The painter and the painting

Two versions of Gen, Armistead as he was wounded.

During the process, one artist might create the figure of a mounted officer, and then move aside as another painter stepped in to complete the facial details of the historical figure. Then, a third artist might take over, to paint the horse upon which the officer was mounted. In 1884, Philippoteaux opened his Mott Haven (Bronx) studio in New York City. He completed his third and fourth Gettysburg Cyclorama paintings there, where the process would be observed on occasion by veterans of the battle who would make helpful suggestions, or even corrections to details the artist misinterpreted. The Boston version, which was begun in Paris but completed as the painting was hanging in its Tremont Street rotunda, also benefited from the suggestions of visiting officers.

One particularly noteworthy historical error was the portrayal of Confederate Gen. Lewis Armistead, who led his troops to the temporary breach of the Union lines at the “high-water mark of the Confederacy.” Click here to see this scene as painted in the Boston Cyclorama, with Armistead depicted, incorrectly, on horseback as he was shot. After Philippoteaux was informed that his depiction of the general was inaccurate, the officer, in the third and fourth iterations of the painting, was shown on foot, with his hat held aloft on his saber at the moment he was shot. See these compared, above left.
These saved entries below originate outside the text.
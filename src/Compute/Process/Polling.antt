-- ===== src/Compute/Process/Polling.antt =====
-- drain_events, collect_exit, request_termination_once and poll of ComputeProcess::Impl.
use robot_harness.Base.{
  ℕ, zero, suc, Bool, true, false, not, Option, none, some, ◌+◌, ◌-◌, ◌&&◌, ◌||◌, ◌==◌, ltb, leb,
  has_value, if◌then◌else◌,
}
use robot_harness.Integer.{ℤ, pos}
use robot_harness.Compute.Types.{is_zero}
use robot_harness.Compute.Process.{EventRead, WaitResult, Process, has_terminal, consume}

abbrev pub maximum_frames_per_poll : ℕ
maximum_frames_per_poll = 128

-- `sizeof(Frame)`.
abbrev pub frame_size : ℕ
frame_size = 32

-- EIO, and where errno is 0.
abbrev pub error_of : ℤ → ℤ
error_of error = if is_zero error then pos 5 else error

abbrev pub remember_io_error : ℤ → Process → Process
remember_io_error error p =
    if is_zero p.observed.io_error
    then record p { observed = record p.observed { io_error = error_of error } }
    else p

abbrev pub least : ℕ → ℕ → ℕ
least a b = if ltb a b then a else b

-- A read, which gives no more bytes than it is asked for.
abbrev pub buffered_after : ℕ → Process → ℕ
buffered_after n p = p.buffered_frame_bytes + least (n + 1) (frame_size - p.buffered_frame_bytes)

abbrev pub take_frame : Process → Process
take_frame p =
    consume (p.system.frame p.frames)
      (record p { reads = p.reads + 1; frames = p.frames + 1; buffered_frame_bytes = 0 })

abbrev pub end_events : Process → Process
end_events p = record p {
  reads = p.reads + 1;
  observed = record p.observed {
    event_eof = true;
    malformed =
        p.observed.malformed
        || not (p.buffered_frame_bytes == 0)
        || not (has_terminal p.observed.terminal);
  };
}

abbrev pub count_read : Process → Process
count_read p = record p { reads = p.reads + 1 }

-- A round of the loop of drain_events, `next` being the rounds after it.
unfoldable pub on_event : (ℕ → Process → Process) → ℕ → Process → EventRead → Process
on_event next taken p (EventRead.bytes n) =
    if buffered_after n p == frame_size
    then next (taken + 1) (take_frame p)
    else next taken (record p { reads = p.reads + 1; buffered_frame_bytes = buffered_after n p })
on_event next taken p EventRead.end_of_events = end_events p
on_event next taken p EventRead.try_again = count_read p
on_event next taken p (EventRead.read_failed error) = remember_io_error error (count_read p)

-- The loop, for so many rounds.
unfoldable pub drain : ℕ → ℕ → Process → Process
drain zero taken p = p
drain (suc fuel) taken p =
    if not (ltb taken maximum_frames_per_poll)
    then p
    else on_event (drain fuel) taken p (p.system.read p.reads)

-- A round for each byte of the frames of a poll.
unfoldable pub drain_events : Process → Process
drain_events p = if not p.has_event || p.observed.event_eof then p else drain 4096 0 p

unfoldable pub on_wait : Process → WaitResult → Process
on_wait p (WaitResult.reaped status) = record p {
  owned_pid = none;
  observed = record p.observed { exit_status = some status };
}
on_wait p WaitResult.still_running = p
on_wait p WaitResult.lost = record p {
  owned_pid = none;
  observed = record p.observed { ownership_lost = true };
}
on_wait p (WaitResult.wait_failed error) = record (remember_io_error error p) {
  termination_pending = true;
}

unfoldable pub collect_exit : Process → Process
collect_exit p =
    if not (has_value p.owned_pid) || has_value p.observed.exit_status
    then p
    else on_wait (record p { waits = p.waits + 1 }) (p.system.wait p.waits)

unfoldable pub on_kill : Process → Option ℤ → Process
on_kill p none = p
on_kill p (some error) = record p {
  observed = record p.observed { termination_error = error_of error };
}

-- The members as they stand when SIGKILL is sent.
abbrev pub attempted : Process → Process
attempted p = record p {
  kills = p.kills + 1;
  termination_attempted = true;
  observed = record p.observed { termination_requested = true };
}

unfoldable pub request_termination_once : Process → Process
request_termination_once p =
    if not p.termination_pending
      || p.termination_attempted
      || not (has_value p.owned_pid)
      || has_value p.observed.exit_status
      || p.observed.ownership_lost
    then p
    else on_kill (attempted p) (p.system.kill p.kills)

-- The grace period of a stop that was delivered is over.
abbrev pub is_past_grace : ℕ → Process → Bool
is_past_grace now p = elim p.observed.stop_requested_at [
  | none ↦ false
  | some at ↦ leb at now && leb p.stop_grace_ms (now - at)
]

abbrev pub must_terminate : ℕ → Process → Bool
must_terminate now p =
    p.observed.malformed
    || not (is_zero p.observed.io_error)
    || (p.observed.stop_requested
        && not (has_value p.observed.exit_status)
        && (not p.observed.stop_delivered || is_past_grace now p))

unfoldable pub escalate : ℕ → Process → Process
escalate now p = record p { termination_pending = p.termination_pending || must_terminate now p }

unfoldable pub poll : ℕ → Process → Process
poll now p =
    if not p.observed.launched || p.observed.ownership_lost || p.observed.channels_closed
    then p
    else request_termination_once (escalate now (collect_exit (drain_events p)))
The artists employed by Philippoteaux at his studios in Brussels and Paris were mostly Europeans, which could explain the anomalies in the details of uniforms and armaments that some have noticed in the painting.
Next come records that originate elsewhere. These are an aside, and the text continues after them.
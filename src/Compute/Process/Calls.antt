-- ===== src/Compute/Process/Calls.antt =====
-- launch, request_stop and close_channels of ComputeProcess::Impl, and the class as the host takes it.
use robot_harness.Base.{
  ℕ, Bool, true, false, not, Option, none, some, List, [], ◌∷◌, ◌+◌, ◌&&◌, ◌||◌, ◌==◌, ltb,
  has_value, if◌then◌else◌,
}
use robot_harness.Integer.{ℤ, pos}
use robot_harness.Compute.Types.{is_zero, ComputeProcess}
use robot_harness.Compute.Process.{SpawnResult, System, Process, new_process}
use robot_harness.Compute.Process.Polling.{error_of, remember_io_error, poll}

abbrev pub refused_launch : ℤ → Process → Process × Bool
refused_launch error p = (record p { observed = record p.observed { launch_error = error } }, false)

-- EINVAL.
abbrev pub invalid_argument : ℤ
invalid_argument = pos 22

-- The closes of the descriptors that launch does not keep.
abbrev pub closed_others : ℤ → Bool → Process → Process
closed_others io_error is_unknown p = record p {
  channel_cleanup_unknown = p.channel_cleanup_unknown || is_unknown;
  observed = record p.observed {
    io_error = if is_zero p.observed.io_error then io_error else p.observed.io_error;
  };
}

abbrev pub started_with : ℤ → Process → Process
started_with child p = record p {
  owned_pid = some child;
  has_control = true;
  has_event = true;
  observed = record p.observed { launched = true; child_pid = child; launch_error = pos 0 };
}

unfoldable pub on_spawn : Process → SpawnResult → Process × Bool
on_spawn p (SpawnResult.spawned child io_error is_unknown) =
    (closed_others io_error is_unknown (started_with child p), true)
on_spawn p (SpawnResult.not_spawned error io_error is_unknown) =
    refused_launch error (closed_others io_error is_unknown p)

abbrev pub count_launch : Process → Process
count_launch p = record p { launches = p.launches + 1 }

unfoldable pub spawn_child : Process → ℤ → Process × Bool
spawn_child p error =
    if not (is_zero error)
    then refused_launch error (count_launch p)
    else on_spawn (count_launch p) (p.system.spawn p.launches)

unfoldable pub launch : Process → Process × Bool
launch p =
    if p.observed.launched
    then (p, true)
    else if p.observed.stop_requested
    then refused_launch invalid_argument p
    else if p.iterations == 0 || ltb 100000000 p.iterations
    then refused_launch invalid_argument p
    else spawn_child p (p.system.executable_error p.launches p.executable)

-- The answer of `send`.
unfoldable pub on_send : Process → Option ℤ → Process
on_send p none = record p { observed = record p.observed { stop_delivered = true } }
on_send p (some error) = record p {
  termination_pending = true;
  observed = record p.observed { stop_error = error_of error };
}

abbrev pub stop_at : ℕ → Process → Process
stop_at now p = record p {
  observed = record p.observed { stop_requested = true; stop_requested_at = some now };
}

unfoldable pub request_stop : ℕ → Process → Process
request_stop now p =
    if p.observed.stop_requested
    then p
    else if not (has_value p.owned_pid) || has_value p.observed.exit_status || not p.has_control
    then record (stop_at now p) {
      termination_pending = has_value p.owned_pid && not (has_value p.observed.exit_status);
    }
    else on_send (record (stop_at now p) { sends = p.sends + 1 }) (p.system.send p.sends)

-- The answer of `close`.
unfoldable pub on_close : Process → Option ℤ → Process × Bool
on_close p none = (p, true)
on_close p (some error) =
    (record (remember_io_error error p) { channel_cleanup_unknown = true }, false)

abbrev pub count_close : Process → Process
count_close p = record p { closes = p.closes + 1 }

-- close_once, of either descriptor.
unfoldable pub close_control : Process → Process × Bool
close_control p =
    if not p.has_control
    then (p, true)
    else on_close (count_close (record p { has_control = false })) (p.system.close p.closes)

unfoldable pub close_event : Process → Process × Bool
close_event p =
    if not p.has_event
    then (p, true)
    else on_close (count_close (record p { has_event = false })) (p.system.close p.closes)

unfoldable pub close_both : Process → Process × Bool
close_both p =
    let (p', control_closed) = close_control p in
    let (p'', event_closed) = close_event p' in
    let is_closed = control_closed && event_closed in
    (record p'' { observed = record p''.observed { channels_closed = is_closed } }, is_closed)

unfoldable pub close_channels : Process → Process × Bool
close_channels p =
    if p.observed.channels_closed
    then (p, true)
    else if not (has_value p.observed.exit_status)
        || not p.observed.event_eof
        || p.observed.ownership_lost
        || p.channel_cleanup_unknown
    then (p, false)
    else close_both p

-- The calls of a host.
pub data ProcessCall : Type 0 where
  launches closes : ProcessCall
  stops polls : ℕ → ProcessCall

unfoldable pub call_process : ProcessCall → Process → Process
call_process ProcessCall.launches p = (launch p).0
call_process ProcessCall.closes p = (close_channels p).0
call_process (ProcessCall.stops now) p = request_stop now p
call_process (ProcessCall.polls now) p = poll now p

unfoldable pub call_all : List ProcessCall → Process → Process
call_all [] p = p
call_all (c ∷ cs) p = call_all cs (call_process c p)

-- ComputeProcess, every process of a host with the same operating system, whose macros on exit
-- statuses are parameters.
abbrev pub process_of : System → (ℤ → Option ℤ) → (ℤ → Option ℤ) → ComputeProcess Process
process_of system exit_code terminating_signal = record {
  create = new_process system;
  launch = launch;
  request_stop = request_stop;
  poll = poll;
  close_channels = close_channels;
  observation = λ p. p.observed;
  exit_code = exit_code;
  terminating_signal = terminating_signal;
}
Even after the cycloramas were completed, new information would prompt modifications to the paintings; one such case was the 1889 addition of the commander of the Army of the Potomac, Gen. George Meade, to the Boston painting after audiences questioned his absence from the canvas. The section of the Cyclorama with Meade and his officers may be seen here. For a detailed look at this, as well as a re-imagining of Gen. Meade’s portrait using artificial intelligence (AI)-based technology, click on the feature to the right.

As the first cyclorama painting was being completed in Belgium, the building to house it, costing some $40,000—about $1,036,000 in 2021—was under construction in Chicago. It was a windowless octagonal structure, 134 feet in diameter and is 96 feet high. During the day, the light to illuminate the painting came from skylights; at night there was the new marvel of electrical lighting. Yoni Appelbaum wrote that for visitors to the Cyclorama, “It was a frozen slice of the past, shining with the incandescent glow of the future.”

Gen. Meade Media

Click to view Gen. George Meade as seen by painter Paul Philippoteaux, photographer Matthew Brady, and artificial-intelligence technologies.

Building the Diorama

Constructing the Diorama for the Cyclorama.

While the team of perhaps eight to ten artists under the direction of Philippoteaux was completing the painting, another crew of workers was hauling hundreds of wheelbarrow loads of earth into the Cyclorama rotunda. Arranged on this simulated landscape were fence rails, sod, logs, and areas of bare sand. A variety of armaments, vehicles, and battle debris, some damaged as if in an explosion, was distributed on the staged battleground. The artifacts placed closest to the viewing platform were created life-size, but those farther back were made a smaller, until by the edge of the canvas, the objects shared the scale of the painting’s foreground. Ultimately, the foreground objects and landscaping joined with the painting in the background so as to simulate a three-dimensional landscape. An 1886 article from Scientific American, which explains the entire process, may be read here. By October of 1883 the stage was set, literally, for the highly anticipated opening of the Battle of Gettysburg Cyclorama.